[Stored entries]

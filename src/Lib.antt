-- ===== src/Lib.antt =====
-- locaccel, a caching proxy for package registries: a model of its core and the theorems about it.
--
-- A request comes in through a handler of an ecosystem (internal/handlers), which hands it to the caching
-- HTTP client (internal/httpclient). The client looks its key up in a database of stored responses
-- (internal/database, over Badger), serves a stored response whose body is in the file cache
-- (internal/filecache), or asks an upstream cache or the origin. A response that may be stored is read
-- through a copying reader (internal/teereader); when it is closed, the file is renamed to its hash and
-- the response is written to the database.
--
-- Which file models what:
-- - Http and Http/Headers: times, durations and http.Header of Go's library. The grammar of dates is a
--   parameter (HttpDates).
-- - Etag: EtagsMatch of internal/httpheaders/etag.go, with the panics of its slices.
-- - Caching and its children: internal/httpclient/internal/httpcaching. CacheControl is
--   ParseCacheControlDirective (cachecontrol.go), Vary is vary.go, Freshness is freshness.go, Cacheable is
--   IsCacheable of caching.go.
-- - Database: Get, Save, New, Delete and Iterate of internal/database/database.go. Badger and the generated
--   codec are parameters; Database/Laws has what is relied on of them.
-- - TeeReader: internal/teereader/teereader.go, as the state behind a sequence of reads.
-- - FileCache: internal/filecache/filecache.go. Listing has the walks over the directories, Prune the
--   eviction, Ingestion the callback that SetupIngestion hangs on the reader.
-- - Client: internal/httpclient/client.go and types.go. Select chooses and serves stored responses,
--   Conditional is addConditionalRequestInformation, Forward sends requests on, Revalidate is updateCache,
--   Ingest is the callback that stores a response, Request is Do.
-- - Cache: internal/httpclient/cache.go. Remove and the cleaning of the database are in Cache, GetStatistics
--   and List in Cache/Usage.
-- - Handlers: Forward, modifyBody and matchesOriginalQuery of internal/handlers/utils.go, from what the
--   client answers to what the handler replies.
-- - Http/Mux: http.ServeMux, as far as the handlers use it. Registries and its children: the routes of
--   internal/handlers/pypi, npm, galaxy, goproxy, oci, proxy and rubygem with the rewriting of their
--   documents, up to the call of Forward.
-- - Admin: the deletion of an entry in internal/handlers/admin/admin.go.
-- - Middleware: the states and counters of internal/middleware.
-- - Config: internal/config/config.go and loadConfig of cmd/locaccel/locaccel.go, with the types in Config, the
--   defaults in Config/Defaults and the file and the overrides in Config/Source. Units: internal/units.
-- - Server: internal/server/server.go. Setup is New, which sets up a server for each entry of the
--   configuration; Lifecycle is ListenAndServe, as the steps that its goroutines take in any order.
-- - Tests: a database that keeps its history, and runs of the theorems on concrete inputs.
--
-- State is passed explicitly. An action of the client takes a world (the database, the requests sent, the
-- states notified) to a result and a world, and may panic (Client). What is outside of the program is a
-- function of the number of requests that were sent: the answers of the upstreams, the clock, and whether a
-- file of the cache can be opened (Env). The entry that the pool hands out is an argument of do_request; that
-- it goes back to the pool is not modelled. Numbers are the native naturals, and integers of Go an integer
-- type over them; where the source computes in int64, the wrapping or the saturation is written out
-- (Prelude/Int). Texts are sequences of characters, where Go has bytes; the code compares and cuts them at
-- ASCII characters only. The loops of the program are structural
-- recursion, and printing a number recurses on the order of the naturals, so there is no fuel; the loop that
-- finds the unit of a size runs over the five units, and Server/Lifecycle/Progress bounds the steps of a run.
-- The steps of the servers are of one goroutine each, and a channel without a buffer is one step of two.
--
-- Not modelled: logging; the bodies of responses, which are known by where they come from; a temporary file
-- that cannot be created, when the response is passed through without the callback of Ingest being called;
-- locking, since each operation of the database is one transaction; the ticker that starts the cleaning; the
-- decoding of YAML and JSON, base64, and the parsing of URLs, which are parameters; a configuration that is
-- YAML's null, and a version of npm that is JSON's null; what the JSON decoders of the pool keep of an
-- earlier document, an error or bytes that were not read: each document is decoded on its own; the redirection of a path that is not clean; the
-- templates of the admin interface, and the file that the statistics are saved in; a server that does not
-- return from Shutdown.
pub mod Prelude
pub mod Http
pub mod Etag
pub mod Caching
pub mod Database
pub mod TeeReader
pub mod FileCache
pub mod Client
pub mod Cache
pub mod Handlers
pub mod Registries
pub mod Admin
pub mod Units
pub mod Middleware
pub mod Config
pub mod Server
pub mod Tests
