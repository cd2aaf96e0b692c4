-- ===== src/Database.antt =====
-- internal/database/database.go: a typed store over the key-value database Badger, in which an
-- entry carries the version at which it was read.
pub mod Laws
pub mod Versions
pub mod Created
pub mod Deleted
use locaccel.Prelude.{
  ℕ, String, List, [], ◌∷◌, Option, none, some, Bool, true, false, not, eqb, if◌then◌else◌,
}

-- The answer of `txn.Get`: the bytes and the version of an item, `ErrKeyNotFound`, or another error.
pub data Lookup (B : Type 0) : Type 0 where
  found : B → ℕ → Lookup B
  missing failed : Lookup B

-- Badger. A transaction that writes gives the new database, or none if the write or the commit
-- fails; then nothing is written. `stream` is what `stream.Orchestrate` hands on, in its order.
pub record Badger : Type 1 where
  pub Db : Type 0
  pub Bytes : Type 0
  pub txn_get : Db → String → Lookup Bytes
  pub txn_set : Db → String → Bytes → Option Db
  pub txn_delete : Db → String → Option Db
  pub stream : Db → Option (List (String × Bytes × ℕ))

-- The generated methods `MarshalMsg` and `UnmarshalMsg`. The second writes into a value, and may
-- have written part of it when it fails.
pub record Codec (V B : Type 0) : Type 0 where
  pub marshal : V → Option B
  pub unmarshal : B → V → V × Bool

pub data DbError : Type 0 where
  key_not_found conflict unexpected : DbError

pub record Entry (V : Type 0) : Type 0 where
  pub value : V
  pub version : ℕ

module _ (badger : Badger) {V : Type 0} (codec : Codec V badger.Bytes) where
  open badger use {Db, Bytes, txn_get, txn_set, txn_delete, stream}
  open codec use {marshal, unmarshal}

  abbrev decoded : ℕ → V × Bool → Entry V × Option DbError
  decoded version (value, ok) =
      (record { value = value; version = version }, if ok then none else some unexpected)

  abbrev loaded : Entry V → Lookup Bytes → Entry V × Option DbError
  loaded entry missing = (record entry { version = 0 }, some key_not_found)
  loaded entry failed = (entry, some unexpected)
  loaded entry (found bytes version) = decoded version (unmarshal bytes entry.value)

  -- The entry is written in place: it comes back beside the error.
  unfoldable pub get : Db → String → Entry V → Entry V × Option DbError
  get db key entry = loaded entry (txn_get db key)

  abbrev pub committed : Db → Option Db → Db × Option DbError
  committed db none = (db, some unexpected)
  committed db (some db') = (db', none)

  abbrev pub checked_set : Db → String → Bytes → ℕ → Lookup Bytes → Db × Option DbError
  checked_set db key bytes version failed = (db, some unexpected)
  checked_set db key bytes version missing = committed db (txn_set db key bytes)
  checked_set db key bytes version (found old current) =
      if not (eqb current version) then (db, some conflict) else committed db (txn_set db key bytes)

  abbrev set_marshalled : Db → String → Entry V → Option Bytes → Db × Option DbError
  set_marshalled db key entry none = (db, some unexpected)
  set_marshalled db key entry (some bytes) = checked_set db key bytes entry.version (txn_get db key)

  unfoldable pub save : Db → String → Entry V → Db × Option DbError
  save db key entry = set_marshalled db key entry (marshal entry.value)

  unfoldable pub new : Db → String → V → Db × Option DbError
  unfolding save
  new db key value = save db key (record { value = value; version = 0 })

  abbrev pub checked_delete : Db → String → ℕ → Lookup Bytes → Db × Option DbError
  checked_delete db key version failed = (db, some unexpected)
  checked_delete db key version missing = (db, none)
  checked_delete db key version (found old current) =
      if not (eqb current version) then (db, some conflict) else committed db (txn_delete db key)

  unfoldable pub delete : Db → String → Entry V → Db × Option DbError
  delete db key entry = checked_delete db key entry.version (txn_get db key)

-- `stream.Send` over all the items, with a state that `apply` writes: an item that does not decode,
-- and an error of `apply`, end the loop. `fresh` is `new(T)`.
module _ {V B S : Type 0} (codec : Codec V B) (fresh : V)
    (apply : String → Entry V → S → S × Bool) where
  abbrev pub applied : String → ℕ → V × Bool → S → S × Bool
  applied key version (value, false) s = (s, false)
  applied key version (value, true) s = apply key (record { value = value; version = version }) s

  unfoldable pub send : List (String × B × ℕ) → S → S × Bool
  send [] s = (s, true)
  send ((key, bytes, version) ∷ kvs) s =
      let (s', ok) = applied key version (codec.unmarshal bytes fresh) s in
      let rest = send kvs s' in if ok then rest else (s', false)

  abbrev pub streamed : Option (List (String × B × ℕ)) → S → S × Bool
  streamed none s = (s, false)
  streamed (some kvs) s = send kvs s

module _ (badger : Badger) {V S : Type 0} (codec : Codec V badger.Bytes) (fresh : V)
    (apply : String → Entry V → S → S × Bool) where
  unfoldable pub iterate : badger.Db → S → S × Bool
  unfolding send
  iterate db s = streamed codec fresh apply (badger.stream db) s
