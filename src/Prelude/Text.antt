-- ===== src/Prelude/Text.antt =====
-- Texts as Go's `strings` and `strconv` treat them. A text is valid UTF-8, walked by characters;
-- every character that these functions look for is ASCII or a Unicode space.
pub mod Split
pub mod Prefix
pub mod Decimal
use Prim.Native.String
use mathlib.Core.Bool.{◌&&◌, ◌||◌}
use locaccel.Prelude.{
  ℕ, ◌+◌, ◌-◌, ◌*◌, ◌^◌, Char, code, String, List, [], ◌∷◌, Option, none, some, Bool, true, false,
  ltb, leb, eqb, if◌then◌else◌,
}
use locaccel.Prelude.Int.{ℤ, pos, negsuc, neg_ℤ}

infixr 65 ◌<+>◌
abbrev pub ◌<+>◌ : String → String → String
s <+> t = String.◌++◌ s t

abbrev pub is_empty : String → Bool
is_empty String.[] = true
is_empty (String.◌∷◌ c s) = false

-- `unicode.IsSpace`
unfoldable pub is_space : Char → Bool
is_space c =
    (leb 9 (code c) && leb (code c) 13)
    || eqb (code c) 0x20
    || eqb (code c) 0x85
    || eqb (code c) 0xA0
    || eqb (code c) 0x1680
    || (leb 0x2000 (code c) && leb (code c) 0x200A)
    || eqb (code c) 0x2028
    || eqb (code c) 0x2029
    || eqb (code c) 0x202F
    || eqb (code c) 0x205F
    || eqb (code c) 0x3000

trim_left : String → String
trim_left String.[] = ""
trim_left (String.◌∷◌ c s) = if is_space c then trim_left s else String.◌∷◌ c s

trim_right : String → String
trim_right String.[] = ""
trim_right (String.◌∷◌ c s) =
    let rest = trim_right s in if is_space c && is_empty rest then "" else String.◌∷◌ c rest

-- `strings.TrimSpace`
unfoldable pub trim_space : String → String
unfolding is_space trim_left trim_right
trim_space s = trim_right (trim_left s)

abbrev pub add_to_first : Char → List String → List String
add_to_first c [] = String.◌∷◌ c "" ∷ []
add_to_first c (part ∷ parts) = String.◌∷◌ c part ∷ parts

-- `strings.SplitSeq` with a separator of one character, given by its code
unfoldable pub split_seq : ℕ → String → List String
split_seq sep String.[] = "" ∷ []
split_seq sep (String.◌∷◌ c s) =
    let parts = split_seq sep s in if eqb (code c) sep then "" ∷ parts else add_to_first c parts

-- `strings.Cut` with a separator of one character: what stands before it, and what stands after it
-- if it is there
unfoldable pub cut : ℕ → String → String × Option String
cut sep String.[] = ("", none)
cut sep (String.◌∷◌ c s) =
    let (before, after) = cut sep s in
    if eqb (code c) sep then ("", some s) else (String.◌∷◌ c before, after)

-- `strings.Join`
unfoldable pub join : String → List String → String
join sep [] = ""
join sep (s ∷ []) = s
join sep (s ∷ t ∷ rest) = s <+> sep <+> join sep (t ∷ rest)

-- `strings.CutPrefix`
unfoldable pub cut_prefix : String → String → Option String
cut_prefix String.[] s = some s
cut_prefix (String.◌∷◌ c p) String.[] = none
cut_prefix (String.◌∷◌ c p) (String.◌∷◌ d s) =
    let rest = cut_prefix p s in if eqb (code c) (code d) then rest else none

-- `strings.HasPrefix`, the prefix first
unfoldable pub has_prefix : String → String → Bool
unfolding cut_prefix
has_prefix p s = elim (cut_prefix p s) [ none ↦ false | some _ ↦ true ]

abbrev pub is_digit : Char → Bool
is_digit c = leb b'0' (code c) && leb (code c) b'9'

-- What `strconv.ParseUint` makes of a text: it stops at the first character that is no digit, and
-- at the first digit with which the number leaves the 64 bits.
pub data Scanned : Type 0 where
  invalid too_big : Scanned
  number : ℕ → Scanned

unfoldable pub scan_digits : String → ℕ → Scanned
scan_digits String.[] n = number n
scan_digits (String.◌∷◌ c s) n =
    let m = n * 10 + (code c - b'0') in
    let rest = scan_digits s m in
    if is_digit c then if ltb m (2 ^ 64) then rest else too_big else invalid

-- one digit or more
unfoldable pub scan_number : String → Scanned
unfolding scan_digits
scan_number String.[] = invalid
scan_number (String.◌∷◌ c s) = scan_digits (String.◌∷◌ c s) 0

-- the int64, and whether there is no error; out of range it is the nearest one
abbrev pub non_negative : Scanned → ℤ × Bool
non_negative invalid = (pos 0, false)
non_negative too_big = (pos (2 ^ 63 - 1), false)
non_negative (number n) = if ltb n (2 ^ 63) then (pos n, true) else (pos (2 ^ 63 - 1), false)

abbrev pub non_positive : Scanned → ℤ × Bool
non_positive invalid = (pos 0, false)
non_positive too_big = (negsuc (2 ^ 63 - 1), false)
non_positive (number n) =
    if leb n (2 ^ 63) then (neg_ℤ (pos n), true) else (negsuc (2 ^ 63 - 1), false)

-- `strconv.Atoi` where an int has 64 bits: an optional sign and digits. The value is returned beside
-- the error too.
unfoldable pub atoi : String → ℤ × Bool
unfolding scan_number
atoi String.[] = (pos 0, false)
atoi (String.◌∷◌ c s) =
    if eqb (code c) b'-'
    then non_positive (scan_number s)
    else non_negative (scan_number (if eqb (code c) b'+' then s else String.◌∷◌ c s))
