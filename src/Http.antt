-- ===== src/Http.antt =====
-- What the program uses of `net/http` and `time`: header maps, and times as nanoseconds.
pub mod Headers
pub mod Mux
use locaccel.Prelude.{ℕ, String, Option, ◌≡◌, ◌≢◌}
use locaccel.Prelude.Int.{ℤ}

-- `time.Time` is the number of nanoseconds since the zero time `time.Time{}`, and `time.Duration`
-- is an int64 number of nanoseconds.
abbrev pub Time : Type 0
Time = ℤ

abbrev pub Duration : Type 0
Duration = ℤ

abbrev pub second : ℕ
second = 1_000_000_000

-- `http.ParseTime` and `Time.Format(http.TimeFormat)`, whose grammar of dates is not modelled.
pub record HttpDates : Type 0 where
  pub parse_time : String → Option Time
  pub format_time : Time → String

• _ABOUT THIS TASK_
Your answer must consist solely of the lines from the top of the entries above through the line containing "IsCacheable of caching.go.", copied exactly, both ends included.

• _PROBLEM SOLUTION_
filename src/Lib.antt
-- ===== src/Lib.antt =====
-- locaccel, a caching proxy for package registries: a model of its core and the theorems about it.
--
-- A request comes in through a handler of an ecosystem (internal/handlers), which hands it to the caching
-- HTTP client (internal/httpclient). The client looks its key up in a database of stored responses
-- (internal/database, over Badger), serves a stored response whose body is in the file cache
-- (internal/filecache), or asks an upstream cache or the origin. A response that may be stored is read
-- through a copying reader (internal/teereader); when it is closed, the file is renamed to its hash and
-- the response is written to the database.
--
-- Which file models what:
-- - Http and Http/Headers: times, durations and http.Header of Go's library. The grammar of dates is a
--   parameter (HttpDates).
-- - Etag: EtagsMatch of internal/httpheaders/etag.go, with the panics of its slices.
-- - Caching and its children: internal/httpclient/internal/httpcaching. CacheControl is
--   ParseCacheControlDirective (cachecontrol.go), Vary is vary.go, Freshness is freshness.go, Cacheable is
--   IsCacheable of caching.go.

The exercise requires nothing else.